Airports, because it means you’re either going on an adventure or returning from one to see your nearest and dearest.
What was the last thing you read?
For pleasure, The Orenda. For things-I-am-obligated-to-read-for-science, Relaxed Phylogenetics and Dating with Confidence, which I can assure you is not at all what it sounds like.
What or who makes you laugh out loud?
I might have an advanced degree and give off the appearance of an educated and erudite individual, but I can’t get enough cat videos from the Internet. It will be my downfall.
What’s the most important lesson you ever learned?
Life, and all the moments within it, is what you make it. Be proactive and bring a positive attitude to all that you do, and you’ll make out all right.
What’s your idea of the perfect day?
I think I just had it – flew from Vancouver to Hong Kong for a science trip, met the famous-on-the-internet cat Brother Cream, and ate a fresh spicy crab with my bare hands in the Temple Street Market.
What was your nickname at school?
I was one of a million Jennifers in school in the 80s, so it was probably something like Jennifer #6.
What would be the title of your biography?
Jennifer Gardy: Never Stop Talking
If a genie granted you one wish, what would it be?
I’m going to give this one to my science brethren – I wish for stable science funding here in Canada, and recognition of science’s importance across all sectors of Canadians’ lives.
What item have you owned for the longest time?
In terms of things I actually still use on a regular basis, a copy of Laurie Garrett’s 1994 book The Coming Plague. It inspired my choice of career and I still consult its chapters 20 years later.
What is your latest purchase?
A pile of new wardrobe items for an upcoming The Nature of Things shoot. Turns out my usual attire of cat-hair-covered black stuff doesn’t translate well on TV.
Whom do you most admire (living or dead) and why?
I’ve had amazing scientific mentors – Fiona Brinkman, Bob Hancock, Bob Brunham, and Bonnie Henry – and if I could manage a tenth of their intelligence, grace, and wisdom in my daily interactions, I’d die happy.
What would you like your epitaph to say?
She knew what it was to love.
If you could invent something, what would it be?

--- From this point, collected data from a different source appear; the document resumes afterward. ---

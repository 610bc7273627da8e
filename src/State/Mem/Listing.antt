-- ===== src/State/Mem/Listing.antt =====
-- `List` of the store in memory: the entries under a prefix, each once, in the order of their keys.
use zincsearch.Prelude.{
  ℕ, String, List, [], ◌∷◌, ◌≡◌, refl, sym, ◌∙◌, subst, none, some, true, false, arith, eq_iff,
  str_eq, ok, In, here, there, All, Bool-cases, inl, inr, false≢true, eq_refl, ok_injective,
}
use zincsearch.Dict
use zincsearch.Dict.{Dict, get-put, get-remove}
use zincsearch.Text.{str_lt, codes_lt, codes, has_prefix}
use zincsearch.State.Entry.{Entry}
use zincsearch.State.Store.{IsOrdered}
use zincsearch.State.Mem.{Mem, matching, insert_by_key, sort_by_key, list}

codes_lt-asym : (a b : List ℕ) → codes_lt a b ≡ true → codes_lt b a ≡ false
unfolding codes_lt
codes_lt-asym [] [] h = refl
codes_lt-asym [] (y ∷ b) h = refl
codes_lt-asym (x ∷ a) [] h = cc h
codes_lt-asym (x ∷ a) (y ∷ b) h = ground (arith, codes_lt-asym a b)

codes_lt_trans : (a b c : List ℕ) → codes_lt a b ≡ true → codes_lt b c ≡ true → codes_lt a c ≡ true
unfolding codes_lt
codes_lt_trans a [] [] h k = cc k
codes_lt_trans [] [] (z ∷ c) h k = refl
codes_lt_trans (x ∷ a) [] (z ∷ c) h k = cc h
codes_lt_trans a (y ∷ b) [] h k = cc k
codes_lt_trans [] (y ∷ b) (z ∷ c) h k = refl
codes_lt_trans (x ∷ a) (y ∷ b) (z ∷ c) h k = ground (arith, codes_lt_trans a b c)

str_lt-asym : (a b : String) → str_lt a b ≡ true → str_lt b a ≡ false
unfolding str_lt
str_lt-asym a b = codes_lt-asym (codes a) (codes b)

-- What is not before `x` is not before what is before `x`.
later : (e x f : String) → str_lt e x ≡ true → str_lt f x ≡ false → str_lt f e ≡ false
unfolding str_lt
later e x f h k = elim (Bool-cases (str_lt f e)) [
  | inr no' ↦ no'
  | inl yes' ↦
      let t = codes_lt_trans (codes f) (codes e) (codes x) yes' h in absurd (false≢true (sym k ∙ t))
]

module _ {V : Type 0} where
  -- No key stands twice.
  abbrev pub IsDistinct : Dict (Entry V) → Type 0
  IsDistinct [] = Unit
  IsDistinct ((k, e) ∷ d) = (Dict.get d k ≡ none) × IsDistinct d

  pub put-IsDistinct :
      (d : Dict (Entry V)) (k : String) (e : Entry V) → IsDistinct d → IsDistinct (Dict.put d k e)
  unfolding Dict.put Dict.get
  put-IsDistinct [] k e h = (refl, tt)
  put-IsDistinct ((j, x) ∷ d) k e h = elim (Bool-cases (str_eq j k)) [
    | inl same ↦ rw same (subst (λ i. Dict.get d i ≡ none) ((eq_iff j k).0 same) h.0, h.1)
    | inr other ↦
        rw other
          (ground (arith, get-put d k e j, eq_iff k j, eq_iff j k, h.0), put-IsDistinct d k e h.1)
  ]

  pub remove-IsDistinct :
      (d : Dict (Entry V)) (k : String) → IsDistinct d → IsDistinct (Dict.remove d k)
  unfolding Dict.remove
  remove-IsDistinct [] k h = tt
  remove-IsDistinct ((j, x) ∷ d) k h = elim (Bool-cases (str_eq j k)) [
    | inl same ↦ rw same (remove-IsDistinct d k h.1)
    | inr other ↦ rw other (ground (arith, get-remove d k j, h.0), remove-IsDistinct d k h.1)
  ]

  -- Every entry stands under its own key.
  abbrev pub OwnKeys : Dict (Entry V) → Type 0
  OwnKeys d = (k : String) (e : Entry V) → Dict.get d k ≡ some e → e.key ≡ k

  get-rest :
      (k : String) (x : Entry V) (d : Dict (Entry V)) (j : String) (e : Entry V)
      → Dict.get d k ≡ none
      → Dict.get d j ≡ some e
      → Dict.get ((k, x) ∷ d) j ≡ some e
  unfolding Dict.get
  get-rest k x d j e new h = elim (Bool-cases (str_eq k j)) [
    | inl same ↦ absurd (
        let at : Dict.get d j ≡ none = subst (λ i. Dict.get d i ≡ none) ((eq_iff k j).0 same) new in
        cc (at, h))
    | inr other ↦ rw other h
  ]

  get-first : (k : String) (x : Entry V) (d : Dict (Entry V)) → Dict.get ((k, x) ∷ d) k ≡ some x
  unfolding Dict.get
  get-first k x d = rw (eq_refl k) refl

  matching_sound :
      (d : Dict (Entry V)) (prefix : String)
      → IsDistinct d
      → OwnKeys d
      → (e : Entry V) → In e (matching d prefix)
      → (Dict.get d e.key ≡ some e) × (has_prefix e.key prefix ≡ true)
  unfolding matching
  matching_sound [] prefix h own e m = elim m [ ]
  matching_sound ((k, x) ∷ d) prefix h own e m =
      let rest : In e (matching d prefix)
          → (Dict.get ((k, x) ∷ d) e.key ≡ some e) × (has_prefix e.key prefix ≡ true) =
        λ m'.
          let r = matching_sound d prefix h.1 (λ j f p. own j f (get-rest k x d j f h.0 p)) e m' in
          (get-rest k x d e.key e h.0 r.0, r.1) in
      elim (Bool-cases (has_prefix k prefix)) [
        | inr no' ↦ rest (rw no' at m)
        | inl yes' ↦ elim (rw yes' at m) [
          | there m' ↦ rest m'
          | here same ↦
              let key_is : x.key ≡ k = own k x (get-first k x d) in
              let at : e.key ≡ k = cc (same, key_is) in
              (
                subst (λ i. Dict.get ((k, x) ∷ d) i ≡ some e) (sym at) (get-first k x d ∙ cc same),
                subst (λ i. has_prefix i prefix ≡ true) (sym at) yes',
              )
        ]
      ]

  matching_complete :
      (d : Dict (Entry V)) (prefix k : String) (e : Entry V)
      → Dict.get d k ≡ some e
      → has_prefix k prefix ≡ true
      → In e (matching d prefix)
  unfolding matching Dict.get
  matching_complete [] prefix k e h p = cc h
  matching_complete ((j, x) ∷ d) prefix k e h p = elim (Bool-cases (str_eq j k)) [
    | inl same ↦
        let at : has_prefix j prefix ≡ true =
          subst (λ i. has_prefix i prefix ≡ true) (sym ((eq_iff j k).0 same)) p in
        let h' = rw same at h in rw at (here (cc h'))
    | inr other ↦
        let rest = matching_complete d prefix k e (rw other at h) p in
        elim (Bool-cases (has_prefix j prefix)) [
          | inl yes' ↦ rw yes' (there rest)
          | inr no' ↦ rw no' rest
        ]
  ]

  insert-In :
      (x : Entry V) (es : List (Entry V)) (e : Entry V) → In e (insert_by_key x es) → In e (x ∷ es)
  unfolding insert_by_key
  insert-In x [] e m = m
  insert-In x (y ∷ es) e m = elim (Bool-cases (str_lt x.key y.key)) [
    | inl first ↦ rw first at m
    | inr after ↦ elim (rw after at m) [
      | here same ↦ there (here same)
      | there m' ↦ elim (insert-In x es e m') [
        | here same ↦ here same
        | there m'' ↦ there (there m'')
      ]
    ]
  ]

  In-insert :
      (x : Entry V) (es : List (Entry V)) (e : Entry V) → In e (x ∷ es) → In e (insert_by_key x es)
  unfolding insert_by_key
  In-insert x [] e m = m
  In-insert x (y ∷ es) e m = elim (Bool-cases (str_lt x.key y.key)) [
    | inl first ↦ rw first m
    | inr after ↦ rw after (elim m [
      | here same ↦ there (In-insert x es e (here same))
      | there m' ↦ elim m' [
        | here same ↦ here same
        | there m'' ↦ there (In-insert x es e (there m''))
      ]
    ])
  ]

  sort-In : (es : List (Entry V)) (e : Entry V) → In e (sort_by_key es) → In e es
  unfolding sort_by_key
  sort-In [] e m = m
  sort-In (x ∷ es) e m = elim (insert-In x (sort_by_key es) e m) [
    | here same ↦ here same
    | there m' ↦ there (sort-In es e m')
  ]

  In-sort : (es : List (Entry V)) (e : Entry V) → In e es → In e (sort_by_key es)
  unfolding sort_by_key
  In-sort [] e m = m
  In-sort (x ∷ es) e (here same) = In-insert x (sort_by_key es) e (here same)
  In-sort (x ∷ es) e (there m) = In-insert x (sort_by_key es) e (there (In-sort es e m))

  later-All :
      (e x : Entry V) (es : List (Entry V))
      → str_lt e.key x.key ≡ true
      → All (λ f. str_lt f.key x.key ≡ false) es
      → All (λ f. str_lt f.key e.key ≡ false) es
  later-All e x [] h a = tt
  later-All e x (f ∷ es) h a = (later e.key x.key f.key h a.0, later-All e x es h a.1)

  insert-All :
      (x e : Entry V) (es : List (Entry V))
      → str_lt e.key x.key ≡ false
      → All (λ f. str_lt f.key x.key ≡ false) es
      → All (λ f. str_lt f.key x.key ≡ false) (insert_by_key e es)
  unfolding insert_by_key
  insert-All x e [] h a = (h, tt)
  insert-All x e (y ∷ es) h a = elim (Bool-cases (str_lt e.key y.key)) [
    | inl first ↦ rw first (h, a)
    | inr after ↦ rw after (a.0, insert-All x e es h a.1)
  ]

  insert-IsOrdered :
      (e : Entry V) (es : List (Entry V)) → IsOrdered es → IsOrdered (insert_by_key e es)
  unfolding insert_by_key
  insert-IsOrdered e [] h = (tt, tt)
  insert-IsOrdered e (x ∷ es) h = elim (Bool-cases (str_lt e.key x.key)) [
    | inl first ↦ rw first ((str_lt-asym e.key x.key first, later-All e x es first h.0), h)
    | inr after ↦ rw after (insert-All x e es after h.0, insert-IsOrdered e es h.1)
  ]

  sort-IsOrdered : (es : List (Entry V)) → IsOrdered (sort_by_key es)
  unfolding sort_by_key
  sort-IsOrdered [] = tt
  sort-IsOrdered (e ∷ es) = insert-IsOrdered e (sort_by_key es) (sort-IsOrdered es)

  pub list_shape :
      (m : Mem V) (prefix : String) (es : List (Entry V))
      → IsDistinct m.entries
      → OwnKeys m.entries
      → list m prefix ≡ ok es
      → ((e : Entry V)
          → In e es
          → (Dict.get m.entries e.key ≡ some e) × (has_prefix e.key prefix ≡ true))
        × ((k : String) (e : Entry V)
            → Dict.get m.entries k ≡ some e
            → has_prefix k prefix ≡ true
            → In e es)
        × IsOrdered es
  unfolding list
  list_shape m prefix es h own p =
      let all = matching m.entries prefix in
      let same : sort_by_key all ≡ es = ok_injective p in
      (
        λ e i. matching_sound m.entries prefix h own e (sort-In all e (subst (In e) (sym same) i)),
        λ k e q r. subst (In e) same (In-sort all e (matching_complete m.entries prefix k e q r)),
        subst IsOrdered same (sort-IsOrdered all),
      )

Some kind of very powerful vacuum embedded in the baseboards of a house that, every day, would turn on and suck up all the pet hair from the floors. I should write to that Dyson guy…
In which era would you most like to have lived, and why?
The future! As a woman in science I can’t very well imagine being happy in the past, and I always wondered what our future would look like, from 100 years out to the last moment before the end of the universe.
What are you afraid of?
Losing loved ones.
Name the skill or talent you would most like to have.
The ability to complete my own taxes.
Which three pieces of music would you take to that desert island?
Something by my husband; Brian Eno’s Ambient 1: Music for Airports; and something that would become my coconut-picking theme song. Probably that Harry Nilsson number.
Which famous person (living or dead) do you think (or have you been told) you most resemble?
Amelie. I had to grow my hair out after that film came out; the comparisons were getting a little too frequent.
What is your pet peeve?
When individuals fail to consider the consequences of their actions for others, or act in a way that demonstrates they can’t see perspectives other than their own. This is most obvious in Vancouver drivers.
What are some of your UBC highlights?
Working at The 432 (erstwhile satirical rag) and The Ubyssey, bZZr gardens and general mayhem on Fridays, destroying the elections commissioner’s will to live with the constant hijinks of our Radical Beer Faction party – all things that probably aren’t even close to permissible anymore.